==== Dataset

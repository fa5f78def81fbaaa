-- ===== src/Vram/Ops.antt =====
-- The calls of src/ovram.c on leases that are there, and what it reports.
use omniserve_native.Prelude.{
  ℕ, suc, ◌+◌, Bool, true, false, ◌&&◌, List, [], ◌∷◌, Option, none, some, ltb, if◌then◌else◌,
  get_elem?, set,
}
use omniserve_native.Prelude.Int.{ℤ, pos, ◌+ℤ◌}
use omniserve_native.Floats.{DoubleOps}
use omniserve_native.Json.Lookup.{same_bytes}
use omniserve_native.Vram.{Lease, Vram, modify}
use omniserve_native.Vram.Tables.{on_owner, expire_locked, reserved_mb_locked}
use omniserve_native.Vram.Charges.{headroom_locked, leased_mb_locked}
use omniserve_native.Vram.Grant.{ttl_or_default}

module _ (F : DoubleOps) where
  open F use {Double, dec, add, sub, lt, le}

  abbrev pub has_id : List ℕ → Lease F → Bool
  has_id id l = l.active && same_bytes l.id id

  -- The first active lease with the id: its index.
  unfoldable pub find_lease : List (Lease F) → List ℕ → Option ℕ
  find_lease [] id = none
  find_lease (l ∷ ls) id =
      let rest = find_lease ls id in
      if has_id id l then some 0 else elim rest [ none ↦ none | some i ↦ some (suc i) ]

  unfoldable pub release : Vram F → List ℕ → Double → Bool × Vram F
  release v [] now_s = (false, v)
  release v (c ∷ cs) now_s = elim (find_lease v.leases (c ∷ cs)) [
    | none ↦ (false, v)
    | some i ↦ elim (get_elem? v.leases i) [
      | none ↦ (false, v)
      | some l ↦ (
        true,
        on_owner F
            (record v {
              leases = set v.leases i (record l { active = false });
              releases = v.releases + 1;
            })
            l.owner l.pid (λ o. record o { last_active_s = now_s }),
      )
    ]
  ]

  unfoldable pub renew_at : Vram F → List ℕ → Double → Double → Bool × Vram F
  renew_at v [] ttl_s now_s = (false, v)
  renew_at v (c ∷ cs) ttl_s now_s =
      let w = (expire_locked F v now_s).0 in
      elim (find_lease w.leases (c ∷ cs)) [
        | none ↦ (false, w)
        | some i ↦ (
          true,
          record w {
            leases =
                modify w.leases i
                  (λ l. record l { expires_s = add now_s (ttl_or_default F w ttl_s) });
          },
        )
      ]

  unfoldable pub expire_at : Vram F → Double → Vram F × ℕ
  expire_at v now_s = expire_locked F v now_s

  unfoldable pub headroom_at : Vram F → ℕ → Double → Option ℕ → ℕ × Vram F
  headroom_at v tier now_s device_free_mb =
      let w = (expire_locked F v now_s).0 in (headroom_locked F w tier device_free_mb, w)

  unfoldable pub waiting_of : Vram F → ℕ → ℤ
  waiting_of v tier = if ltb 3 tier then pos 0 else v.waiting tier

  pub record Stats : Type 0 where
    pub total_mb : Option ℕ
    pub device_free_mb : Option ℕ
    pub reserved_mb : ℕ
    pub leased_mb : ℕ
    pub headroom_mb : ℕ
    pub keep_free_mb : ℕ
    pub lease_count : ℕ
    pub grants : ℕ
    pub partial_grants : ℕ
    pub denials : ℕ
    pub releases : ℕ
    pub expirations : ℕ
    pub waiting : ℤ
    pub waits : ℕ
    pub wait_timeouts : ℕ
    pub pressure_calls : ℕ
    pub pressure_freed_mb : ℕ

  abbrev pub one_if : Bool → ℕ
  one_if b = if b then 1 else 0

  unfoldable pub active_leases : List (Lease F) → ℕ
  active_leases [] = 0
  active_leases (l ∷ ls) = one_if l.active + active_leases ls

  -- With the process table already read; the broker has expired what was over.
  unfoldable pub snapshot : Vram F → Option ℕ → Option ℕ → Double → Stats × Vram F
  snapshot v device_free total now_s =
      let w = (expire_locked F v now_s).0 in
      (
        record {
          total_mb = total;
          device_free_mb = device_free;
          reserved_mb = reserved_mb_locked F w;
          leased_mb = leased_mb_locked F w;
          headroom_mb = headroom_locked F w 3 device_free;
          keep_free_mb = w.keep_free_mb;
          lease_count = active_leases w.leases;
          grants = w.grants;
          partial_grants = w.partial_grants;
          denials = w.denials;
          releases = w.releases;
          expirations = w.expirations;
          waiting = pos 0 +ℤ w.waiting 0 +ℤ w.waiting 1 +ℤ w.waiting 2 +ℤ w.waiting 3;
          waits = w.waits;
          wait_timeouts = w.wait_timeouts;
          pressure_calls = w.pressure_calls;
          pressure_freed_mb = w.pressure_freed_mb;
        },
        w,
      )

========

Verbatim output is expected for the lines from the start of the data to the line in which "modify w.leases i" appears, both included.

repository fa5f78def81fbaaa
-- ===== src/Vram/Ops.antt =====
-- The calls of src/ovram.c on leases that are there, and what it reports.
use omniserve_native.Prelude.{
  ℕ, suc, ◌+◌, Bool, true, false, ◌&&◌, List, [], ◌∷◌, Option, none, some, ltb, if◌then◌else◌,
  get_elem?, set,
}
use omniserve_native.Prelude.Int.{ℤ, pos, ◌+ℤ◌}
use omniserve_native.Floats.{DoubleOps}
use omniserve_native.Json.Lookup.{same_bytes}
use omniserve_native.Vram.{Lease, Vram, modify}
use omniserve_native.Vram.Tables.{on_owner, expire_locked, reserved_mb_locked}
use omniserve_native.Vram.Charges.{headroom_locked, leased_mb_locked}
use omniserve_native.Vram.Grant.{ttl_or_default}

module _ (F : DoubleOps) where
  open F use {Double, dec, add, sub, lt, le}

  abbrev pub has_id : List ℕ → Lease F → Bool
  has_id id l = l.active && same_bytes l.id id

  -- The first active lease with the id: its index.
  unfoldable pub find_lease : List (Lease F) → List ℕ → Option ℕ
  find_lease [] id = none
  find_lease (l ∷ ls) id =
      let rest = find_lease ls id in
      if has_id id l then some 0 else elim rest [ none ↦ none | some i ↦ some (suc i) ]

  unfoldable pub release : Vram F → List ℕ → Double → Bool × Vram F
  release v [] now_s = (false, v)
  release v (c ∷ cs) now_s = elim (find_lease v.leases (c ∷ cs)) [
    | none ↦ (false, v)
    | some i ↦ elim (get_elem? v.leases i) [
      | none ↦ (false, v)
      | some l ↦ (
        true,
        on_owner F
            (record v {
              leases = set v.leases i (record l { active = false });
              releases = v.releases + 1;
            })
            l.owner l.pid (λ o. record o { last_active_s = now_s }),
      )
    ]
  ]

  unfoldable pub renew_at : Vram F → List ℕ → Double → Double → Bool × Vram F
  renew_at v [] ttl_s now_s = (false, v)
  renew_at v (c ∷ cs) ttl_s now_s =
      let w = (expire_locked F v now_s).0 in
      elim (find_lease w.leases (c ∷ cs)) [
        | none ↦ (false, w)
        | some i ↦ (
          true,
          record w {
            leases =
                modify w.leases i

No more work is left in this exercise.